Мельранец наклонился к моему лицу и смотрел взволнованно, тепло.

Губы вытянулись в жесткую линию, скулы резко очертились.

— Яа-а-а… В порядке, — я крутанулась на пятках, пряча глаза, пытаясь суматошно вытереть слезы. Даже спиной ощущала, как приблизился мельранец. Он не касался, нет, замер меньше чем в шаге. Тяжело задышал, осторожно положил руку на плечо, и горячий шепот пощекотал ухо:

— Лиса. Все будет хорошо. Я обещаю.

И почему-то я не отодвинулась, замерла, ловя его теплое, неровное дыхание и шепот:

— Я позабочусь о ней. И… о тебе тоже.

Ни с того, ни с сего замедлилось время, а, быть может, остановилось совсем. Часто-часто заколотилось сердце. А шепот Рейгарда заглушил эхо сотен шагов по металлическому полу и нескончаемый гомон отпускников, мечущихся по телепорту в поисках нужного рейса.

— Успокойся. Лиса. Все будет хорошо…

Глупые мурашки пробежали от затылка к копчику.

Рейгард вдруг прижался ко мне — знойный и каменный. Вздрагивающие пальцы соскользнули с плеч, устремились к ладоням. Медленно, осторожно опустились на талию. И снова тело мельранца отреагировало на нашу близость слишком быстро, слишком по-мужски.

Я отпрянула, и наконец-то смогла связно мыслить. Рейгард застыл, прямо под цифрами рейса. Большой, напряженный и… почему-то растерянный. Губы его вздрагивали, а глаза смотрели не мигая, неотрывно следили за каждым моим жестом.

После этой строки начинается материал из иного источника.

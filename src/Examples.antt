-- ===== src/Examples.antt =====
-- Concrete books, runs of the operations on them, and the theorems at these runs.
mod Books
mod Audits
mod PeriodRuns
mod Postings
mod Settings
mod Sheets
mod Closing
mod Reconciling
mod Events
mod Retries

— Э-э-э-э… Все нормально. Просто задумалась, — промямлила я, судорожно пытаясь понять, что же такое случилось между нами секунду назад. — Мелинда?

— Уже на борту.

— Как на борту? — поразилась я. Огляделась — ни транспортника, ни портал для него еще не подали.

Рейгард словно прочел мои мысли.

— Они сели через служебный вход, чтобы не мучить больную ожиданием.

Мне показалось или в голосе мельранца звучало участие?

— А врачи? — встрепенулась я.

— Фаскраф скоро будет, медсестры на месте.

Он говорил деловито и взволнованно одновременно, словно отвечал хорошо заученный урок очень строгому и придирчивому педагогу. Я удивленно посмотрела на Рейгарда и вопрос сорвался с губ сам собой.

— А почему бы тебе не объявить Мелинду своей беременной невестой? А я останусь на Земле? А? И хлопот меньше и заботы…

И снова этот взгляд. Словно я его оскорбила, унизила. Снова эти поджатые губы и хмурое, потемневшее лицо.

Мельранец отступил на пару шагов, будто внезапно вспомнил про дистанцию.

Я ожидала возражений, возмущений, объяснений. Да хоть чего-то! Но Рейгард молчал, не сводя с меня пронзительного синего взгляда. И я чувствовала, как решимость тает, как странно сосет под ложечкой, и время замедляет ход. Внутри разливалось тепло, сердце припускало быстрее, а голова стремительно пустела.

Да что со мной такое? Я тряхнула головой, сбрасывая наваждение. Мельранец не шелохнулся — замер каменной глыбой.